WHAT YOU ARE ASKED TO DO
Please take the lines from the one holding "abbrev pub Less" through the one holding "unfolding remove_at" in the data below and copy them exactly.

PROVIDED DATA
++++++++
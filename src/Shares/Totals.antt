-- ===== src/Shares/Totals.antt =====
-- What the entries of a pool add up to, after a grant and after a release.
use cloudrun.Base.{
  ℕ, zero, suc, ◌+◌, ◌≤◌, ◌≡◌, sym, subst, Option, none, some, List, [], ◌∷◌, ◌++◌, arith,
}
use cloudrun.Api.ResourcePool.{ResourceUsage}
use cloudrun.Cluster.Outcome.{Outcome, ok, err, panic}
use cloudrun.Deploy.Resources.{remove_at}
use cloudrun.Deploy.Usage.{apply_found, remove_at-suc}
use cloudrun.Controllers.Pool.Account.{IsCosted, cpu_cost, memory_cost, total_cpu, total_memory}

pub total-append :
    (us : List ResourceUsage) (u : ResourceUsage)
    → (total_cpu (us ++ (u ∷ [])) ≡ total_cpu us + cpu_cost u)
      × (total_memory (us ++ (u ∷ [])) ≡ total_memory us + memory_cost u)
total-append [] u = (omega arith, omega arith)
total-append (v ∷ us) u = let (e, f) = total-append us u in (omega arith, omega arith)

pub IsCosted-append : (us vs : List ResourceUsage) → IsCosted us → IsCosted vs → IsCosted (us ++ vs)
IsCosted-append [] vs h k = k
IsCosted-append (u ∷ us) vs (c, m, e, h) k = (c, m, e, IsCosted-append us vs h k)

-- A list that costs no more, of entries with amounts.
abbrev pub Less : List ResourceUsage → List ResourceUsage → Type 0
Less vs us = (total_cpu vs ≤ total_cpu us) × (total_memory vs ≤ total_memory us) × IsCosted vs

remove_at-Less : (i : ℕ) (us : List ResourceUsage) → IsCosted us → Less (remove_at i us) us
unfolding remove_at
remove_at-Less zero [] h = (omega arith, omega arith, tt)
remove_at-Less zero (u ∷ us) (c, m, e, h) = (omega arith, omega arith, h)
remove_at-Less (suc i) [] h =
    let e : suc i + 1 ≡ suc (i + 1) = omega arith in rw e (omega arith, omega arith, tt)
remove_at-Less (suc i) (u ∷ us) (c, m, e, h) =
    let (a, b, rest) = remove_at-Less i us h in
    subst (λ l. Less l (u ∷ us)) (sym (remove_at-suc i u us))
      (omega arith, omega arith, (c, m, e, rest))

pub apply_found-Less :
    (q : Outcome (Option ℕ)) (us vs : List ResourceUsage)
    → IsCosted us
    → apply_found q us ≡ some vs
    → Less vs us
apply_found-Less (ok none) us vs h e =
    let same : us ≡ vs = ground arith in rw (sym same) (omega arith, omega arith, h)
apply_found-Less (ok (some i)) us vs h e =
    let same : remove_at i us ≡ vs = ground arith in rw (sym same) (remove_at-Less i us h)
apply_found-Less (err _) us vs h e = ground arith
apply_found-Less (panic _) us vs h e = ground arith
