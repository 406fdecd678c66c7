-- ===== src/Shares/Safety.antt =====
-- Over any sequence of the writes, a pool is not used beyond its capacity.
use cloudrun.Base.{ℕ, ◌+◌, ◌-◌, ◌^◌, ◌≤◌, ◌<◌, i32_sub, ◌≡◌, refl, true, false, some, List, arith}
use cloudrun.Types.{Resource}
use cloudrun.Api.Deployer.{Deployer}
use cloudrun.Api.ResourcePool.{ResourceUsage}
use cloudrun.Cluster.Outcome.{ok}
use cloudrun.Deploy.Grant.{granted}
use cloudrun.Deploy.Resources.{find_usage, is_short, new_usage, no_resource, requested, set_usage}
use cloudrun.Deploy.Usage.{apply_found}
use cloudrun.Controllers.Pool.{free_of, sum_usage, zero_resource}
use cloudrun.Controllers.Pool.Account.{IsCosted, amount, sum_usage-total, total_cpu, total_memory}
use cloudrun.Shares.System.{
  Asks, Shared, Step, grant, release, account, Reach, here, next, set_free,
}
use cloudrun.Shares.Totals.{IsCosted-append, apply_found-Less, total-append}

-- A pool of the capacity `c`, `m` whose entries fit into it, and whose free resources, as long as
-- they are not stale, fit in beside the entries.
pub record IsSafe (c m : ℕ) (s : Shared) : Type 0 where
  pub capacity : s.pool.spec.capacity ≡ some (amount c m)
  pub costed : IsCosted s.pool.status.usage
  pub fits_cpu : total_cpu s.pool.status.usage ≤ c
  pub fits_memory : total_memory s.pool.status.usage ≤ m
  pub free :
      s.stale ≡ false
      → (f : ℕ) × (g : ℕ) × (s.pool.status.free ≡ some (amount f g))
        × (f + total_cpu s.pool.status.usage ≤ c)
        × (g + total_memory s.pool.status.usage ≤ m)

within : (f g a b : ℕ) → is_short (amount f g) (amount a b) ≡ false → (a ≤ f) × (b ≤ g)
within f g a b h = ground arith

true-ne-false : true ≡ false → ⊥
true-ne-false h = cc

module _ (c m : ℕ) where
  grant-IsSafe :
      (s : Shared) (d : Deployer) (free : Resource)
      → IsSafe c m s
      → Asks d
      → s.stale ≡ false
      → s.pool.status.free ≡ some free
      → is_short free (requested d.spec.containers no_resource) ≡ false
      → IsSafe c m (record { pool = granted d s.pool; stale = true })
  unfolding new_usage
  grant-IsSafe s d free safe (a, b, wants) fresh e enough =
      let (f, g, e', fits, fits') = safe.free fresh in
      let u = new_usage d (amount a b) in
      let (more, more') = total-append s.pool.status.usage u in
      let same : free ≡ amount f g = ground arith in
      let (low, low') : (a ≤ f) × (b ≤ g) = within f g a b (rw (same, wants) at enough) in
      rw wants (record {
        capacity = safe.capacity;
        costed = IsCosted-append s.pool.status.usage _ safe.costed (a, b, refl, tt);
        fits_cpu = omega (arith, more);
        fits_memory = omega (arith, more');
        free = λ h. absurd (true-ne-false h);
      })

  release-IsSafe :
      (s : Shared) (d : Deployer) (vs : List ResourceUsage)
      → IsSafe c m s
      → apply_found (find_usage d 0 s.pool.status.usage) s.pool.status.usage ≡ some vs
      → IsSafe c m (record s { pool = set_usage vs s.pool })
  release-IsSafe s d vs safe e =
      let (less, less', costed) =
        apply_found-Less (find_usage d 0 s.pool.status.usage) s.pool.status.usage vs safe.costed
          e in
      let fits_cpu = safe.fits_cpu in
      let fits_memory = safe.fits_memory in
      record {
        capacity = safe.capacity;
        costed = costed;
        fits_cpu = omega arith;
        fits_memory = omega arith;
        free = λ fresh.
            let (f, g, e', fits, fits') = safe.free fresh in (f, g, e', omega arith, omega arith);
      }

  account-IsSafe :
      (s : Shared) (capacity used : Resource)
      → c < 2 ^ 31
      → m < 2 ^ 31
      → IsSafe c m s
      → s.pool.spec.capacity ≡ some capacity
      → sum_usage {S = Unit {0}} s.pool.status.usage zero_resource tt ≡ (ok used, tt)
      → IsSafe c m (record { pool = set_free (free_of capacity used) s.pool; stale = false })
  unfolding free_of
  account-IsSafe s capacity used low low' safe e sums =
      let us = s.pool.status.usage in
      let fits_cpu = safe.fits_cpu in
      let fits_memory = safe.fits_memory in
      let total =
        sum_usage-total {S = Unit {0}} us 0 0 tt safe.costed (omega arith) (omega arith) in
      let cap : capacity ≡ amount c m = ground (arith, safe.capacity) in
      let same : used ≡ amount (total_cpu us) (total_memory us) = ground arith in
      rw (cap, same)
        (record {
          capacity = safe.capacity;
          costed = safe.costed;
          fits_cpu = fits_cpu;
          fits_memory = fits_memory;
          free = λ _. (
            c - total_cpu us,
            m - total_memory us,
            ground (
              arith,
              i32_sub c (total_cpu us) low (omega arith),
              i32_sub m (total_memory us) low' (omega arith),
            ),
            omega arith,
            omega arith,
          );
        })

  module _ (cpu_int32 : c < 2 ^ 31) (memory_int32 : m < 2 ^ 31) where
    Step-IsSafe : {s t : Shared} → Step s t → IsSafe c m s → IsSafe c m t
    Step-IsSafe {s} (grant d free asks fresh e enough e') safe =
        rw e' (grant-IsSafe s d free safe asks fresh e enough)
    Step-IsSafe {s} (release d vs found e') safe = rw e' (release-IsSafe s d vs safe found)
    Step-IsSafe {s} (account capacity used e sums holds e') safe =
        rw e' (account-IsSafe s capacity used cpu_int32 memory_int32 safe e sums)

    -- From a pool within its capacity (below 2 ^ 31): any sequence of grants, releases and accounts,
    -- of any deployers in any order, in which the accounts run between any two grants, leads to a
    -- pool whose entries together are within the capacity, and whose free resources, if accounted
    -- since the last grant, fit in beside them.
    pub Reach-IsSafe : {s t : Shared} → Reach s t → IsSafe c m s → IsSafe c m t
    Reach-IsSafe here safe = safe
    Reach-IsSafe (next r st) safe = Step-IsSafe st (Reach-IsSafe r safe)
++++++++
WRITTEN ANSWER
abbrev pub Less : List ResourceUsage → List ResourceUsage → Type 0
Less vs us = (total_cpu vs ≤ total_cpu us) × (total_memory vs ≤ total_memory us) × IsCosted vs

remove_at-Less : (i : ℕ) (us : List ResourceUsage) → IsCosted us → Less (remove_at i us) us
unfolding remove_at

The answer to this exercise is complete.